I'm from the north-eastern suburbs of Adelaide. Hello, fellow local rider!


----------



## StormCloud (Mar 3, 2013)

angelghost said:


> Hello  This is where the fun and hard work starts but it all pays off and is a amazing journey  Good luck with it all
> 
> From Kent UK


Indeed! I've definitely had my moments of _OMG, What have I gotten myself into?_ (along with episodes of _this horse is gonna get me fit if it kills me!)_ But then I find myself astride Dubbin and trotting cheerfully around the arena, and it all comes together in a big resounding _HELLYEAH!_

(I won't mention those sore, sore muscles the next day, though...)


----------



## HorseLovinLady (Jul 18, 2011)

Welcome to the forum!! Please share some pics of your horse with us!


----------



## StormCloud (Mar 3, 2013)

HorseLovinLady said:


> Welcome to the forum!! Please share some pics of your horse with us!


Sure! Here's a coupla pics. I don't, as yet, have a lot of Awesomely Artistic Photos of Dubbin, but these should do for a start!
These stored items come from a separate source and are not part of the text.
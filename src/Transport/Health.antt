-- ===== src/Transport/Health.antt =====
-- `Health` of internal/transport/health.go.
use dc_streaming_p2p.Base.{ℕ, ◌-◌, ◌/◌, Bool, Option, none, some, Text}
use dc_streaming_p2p.Base.Strings.{codes}

-- `HealthDeps`, but for the clock: what each counter says, where it is wired up.
pub record HealthDeps : Type 0 where
  pub peers_online : Option ℕ
  pub sessions_live : Option ℕ
  pub channels_open : Option ℕ
  pub relay_configured : Bool
  pub build : Text

-- `healthResponse`
pub record HealthResponse : Type 0 where
  pub status : Text
  pub build : Text
  pub uptime_seconds : ℕ
  pub peers_online : ℕ
  pub sessions_live : ℕ
  pub channels_open : ℕ
  pub relay_configured : Bool

-- `count`
abbrev pub counter : Option ℕ → ℕ
counter none = 0
counter (some n) = n

-- `Health`, of the time at which it was made and of that of a request.
abbrev pub health_handler : HealthDeps → ℕ → ℕ → HealthResponse
health_handler deps started now = record {
  status = codes "ok";
  build = deps.build;
  uptime_seconds = (now - started) / 1000000000;
  peers_online = counter deps.peers_online;
  sessions_live = counter deps.sessions_live;
  channels_open = counter deps.channels_open;
  relay_configured = deps.relay_configured;
}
....erm, I would post the pics, but they don't seem to be showing up here in the post preview. Are they gonna miraculously appear here later? Or am I doing something horribly wrong (either clicking on the "insert image" icon and pasting the image location from the Flickr page, or putting the same URL inside [ IMG ] tags)?


----------



## StormCloud (Mar 3, 2013)

Okay, lets try again. This time adding the images as attachments rather than linking to them directly....

Here's me riding Dubbin:








And Dubbsy enjoying being brushed:








Hmm. This seems to be working, at least as far as the preview pane goes. Here goes nothing...


----------



## loveduffy (Dec 22, 2011)

Welcome to the forum and welcome to the wonderful world of horses. It is amazing place and these are amazing animal


----------



## Country Woman (Dec 14, 2011)

Welcome to the forum Storm Cloud 
I love the pictures

Wow Dubbin is a nice chocolate brown 
he is handsome


----------



## angelghost (Jun 4, 2012)

Hes stunning


----------



## StormCloud (Mar 3, 2013)

Country Woman said:


> Welcome to the forum Storm Cloud
> I love the pictures
> 
> Wow Dubbin is a nice chocolate brown
> he is handsome


Thanks!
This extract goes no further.